Murphy's Law: May 11, 2005


The field army has existed for thousands of years. But its starting to disappear, replaced by a new creature that controls air and naval forces, along with the ground pounders that traditionally comprised a field army. The new type of headquarters is usually called a joint command, plus some bits of gibberish. This has been a gradual process, which gained speed after the Cold War ended, and the last of the huge, old fashioned land forces, the Red Army of the Soviet Union, disintegrated. And so now it has come to pass that the two remaining American Continental Armies will go away. During World War II the U.S. Army had lots of field armies ( 1st, 3rd, 5th, etc.) During the Cold War these evolved into two different beasts; the Continental US Armies (CONUSAs) and the Army Component Commands overseas (7th Army in Europe and 8th Army in Korea). The CONUSAs started out as 1st 3rd, 4, 5th, and 6th. The CONUSAs evolved over time to organizations responsible mainly for reserve units. After much change, reforms and other events, the CONUSA ended up being just 1st Army and 5th Army. 1st Army was responsible for training validation and mobilization of reserve component units east of the Mississippi and 5th Army had everything west of the Mississippi. All the rest of the CONUSAs went out of existence. The other numbered Armies (3rd, 7th and 8th) still exist as the Army component of CENTCOM, EUCOM and PACOM respectively. These armies are entirely different beast than the CONUSAs.

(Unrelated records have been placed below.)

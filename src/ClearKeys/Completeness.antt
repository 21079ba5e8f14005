-- ===== src/ClearKeys/Completeness.antt =====
-- gateway/state.go: the script of ClearKeys ends, and deletes what it is to delete.
use sandwich_producer.Base.{
  ℕ, zero, suc, ◌+◌, ◌<◌, ◌≡◌, ◌≢◌, refl, Bool, true, false, ◌&&◌, ◌||◌, not, List, [], ◌∷◌, some,
  String, str_eq, eq_iff, arith, length, All, Bool-cases, inl, inr,
}
use sandwich_producer.ClearKeys.{Redis, elem, delete_found, clear_loop, clear_script}

str_ne : (s t : String) → str_eq s t ≡ false → s ≢ t
str_ne s t e = ground (arith, eq_iff s t)

module _ {Db : Type 0} (redis : Redis Db) (pattern : String) where
  -- An iteration of SCAN from a cursor to its end: the data at each call, and the keys that it gave.
  -- Other commands may change the data between the calls.
  pub data Iteration : String → List (Db × List String) → Type 0 where
    last :
        {cursor : String} {db : Db} {keys : List String}
        → redis.scan cursor pattern 64 db ≡ ("0", keys)
        → Iteration cursor ((db, keys) ∷ [])
    next :
        {cursor cursor' : String} {db : Db} {keys : List String} {calls : List (Db × List String)}
        → redis.scan cursor pattern 64 db ≡ (cursor', keys)
        → cursor' ≢ "0"
        → Iteration cursor' calls
        → Iteration cursor ((db, keys) ∷ calls)

  -- Some call of the iteration gave the key.
  abbrev pub given : String → List (Db × List String) → Bool
  given k [] = false
  given k ((db, keys) ∷ calls) = elem k keys || given k calls

  -- What Redis promises: SCAN gives matching strings only, and a full iteration gives every one that is
  -- there from its start to its end; it ends, since the cursors go through a finite table; DEL deletes
  -- its keys and no others.
  pub record Promises : Type 0 where
    pub sound :
        (cursor : String) (db : Db) (k : String)
        → elem k (redis.scan cursor pattern 64 db).1 ≡ true
        → redis.matches pattern k ≡ true
    pub complete :
        (calls : List (Db × List String)) (k : String)
        → Iteration "0" calls
        → redis.matches pattern k ≡ true
        → All (λ (call : Db × List String). redis.holds_string k call.0 ≡ true) calls
        → given k calls ≡ true
    pub rank : Db → String → ℕ
    pub falls :
        (db : Db) (cursor : String)
        → (redis.scan cursor pattern 64 db).0 ≢ "0"
        → rank
            (delete_found redis (redis.scan cursor pattern 64 db).1 db)
            (redis.scan cursor pattern 64 db).0
          < rank db cursor
    pub deleted :
        (k : String) (keys : List String) (db : Db)
        → redis.holds_string k (redis.del keys db) ≡ (redis.holds_string k db && not (elem k keys))

  -- How many keys the calls gave, a key counted as often as it was given.
  abbrev pub amount : List (Db × List String) → ℕ
  amount [] = 0
  amount ((db, keys) ∷ calls) = length keys + amount calls

  -- A run of the loop that ends, and the calls of SCAN that it made.
  record Ran (fuel count : ℕ) (cursor : String) (db : Db) : Type 0 where
    calls : List (Db × List String)
    left : Db
    iterated : Iteration cursor calls
    ran : clear_loop redis fuel pattern count cursor db ≡ some (count + amount calls, left)
    remains :
        (k : String) → redis.holds_string k left ≡ (redis.holds_string k db && not (given k calls))
    throughout :
        (k : String)
        → redis.holds_string k left ≡ true
        → All (λ (call : Db × List String). redis.holds_string k call.0 ≡ true) calls
    matched : (k : String) → given k calls ≡ true → redis.matches pattern k ≡ true

  module _ (promises : Promises) where
    delete_found_lem :
        (k : String) (keys : List String) (db : Db)
        → redis.holds_string k (delete_found redis keys db)
          ≡ (redis.holds_string k db && not (elem k keys))
    unfolding delete_found
    delete_found_lem k [] db = ground arith
    delete_found_lem k (x ∷ keys) db = promises.deleted k (x ∷ keys) db

    module _ (fuel count : ℕ) (cursor : String) (db : Db) where
      keys_of : List String
      keys_of = (redis.scan cursor pattern 64 db).1

      next_of : String
      next_of = (redis.scan cursor pattern 64 db).0

      after : Db
      after = delete_found redis keys_of db

      ends : next_of ≡ "0" → Ran (suc fuel) count cursor db
      unfolding clear_loop keys_of next_of after
      ends e = record {
        calls = (db, keys_of) ∷ [];
        left = after;
        iterated = last (ground arith);
        ran = ground (arith, eq_iff next_of "0");
        remains = λ k. ground (arith, delete_found_lem k keys_of db);
        throughout = λ k h. ground (arith, delete_found_lem k keys_of db);
        matched = λ k h. promises.sound cursor db k (ground arith);
      }

      goes_on :
          next_of ≢ "0"
          → Ran fuel (count + length keys_of) next_of after
          → Ran (suc fuel) count cursor db
      unfolding clear_loop keys_of next_of after
      goes_on more r = record {
        calls = (db, keys_of) ∷ r.calls;
        left = r.left;
        iterated = next refl more r.iterated;
        ran = ground (arith, eq_iff next_of "0", r.ran);
        remains = λ k. ground (arith, r.remains k, delete_found_lem k keys_of db);
        throughout =
            λ k h. (ground (arith, r.remains k, delete_found_lem k keys_of db), r.throughout k h);
        matched = λ k h. ground (arith, promises.sound cursor db k, r.matched k);
      }

    loop_runs :
        (fuel count : ℕ) (cursor : String) (db : Db)
        → promises.rank db cursor < fuel
        → Ran fuel count cursor db
    unfolding keys_of next_of after
    loop_runs zero count cursor db enough = absurd (omega arith)
    loop_runs (suc fuel) count cursor db enough =
        let next = (redis.scan cursor pattern 64 db).0 in
        let keys = (redis.scan cursor pattern 64 db).1 in
        elim (Bool-cases (str_eq next "0")) [
          | inl e ↦ ends fuel count cursor db ((eq_iff next "0").0 e)
          | inr e ↦
              let more = str_ne next "0" e in
              goes_on fuel count cursor db more (
                loop_runs fuel (count + length keys) next (delete_found redis keys db)
                  (omega (arith, promises.falls db cursor more)))
        ]

    -- With fuel for the table that the cursors go through, the script ends. It has then deleted every
    -- string whose key matches the pattern, and no other.
    pub clear_script_lem :
        (fuel : ℕ) (db : Db)
        → promises.rank db "0" < fuel
        → (n : ℕ) × (left : Db) × (clear_script redis fuel pattern db ≡ some (n, left))
          × ((k : String)
              → redis.holds_string k left
                ≡ (redis.holds_string k db && not (redis.matches pattern k)))
    unfolding clear_script
    clear_script_lem fuel db enough =
        let r = loop_runs fuel 0 "0" db enough in (0 + amount r.calls, r.left, r.ran, λ k. rest r k)
      where
        rest :
            (r : Ran fuel 0 "0" db) (k : String)
            → redis.holds_string k r.left
              ≡ (redis.holds_string k db && not (redis.matches pattern k))
        rest r k = elim (Bool-cases (redis.holds_string k r.left)) [
          | inl stays ↦ ground (
            arith,
            r.remains k,
            r.matched k,
            promises.complete r.calls k r.iterated,
            r.throughout k stays,
          )
          | inr gone ↦ ground (arith, r.remains k, r.matched k)
        ]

It now appears that 1st and 5th Army will lose their identifications. 1st Army will become something like training and readiness command and 5th Army will become the army component command for Northern Command. The new 1st Army under whatever name it takes, will have the training validation and mobilization responsibility for all reserve components in CONUS. Meanwhile 5th Army will take on the armys military support to civil authoritys role for Northern Command.

While the 3rd Armys headquarters went to war in Saudi Arabia in 1991, it was noted that this was a headquarters too many. A smaller corps headquarters would do. Other nations, particularly in Europe, have advocated doing away with the field army since the 1970s. Its an idea that would not go away, and just kept gaining momentum. So, without much fanfare, or notice, a major piece of military history is slowly passing from the scene.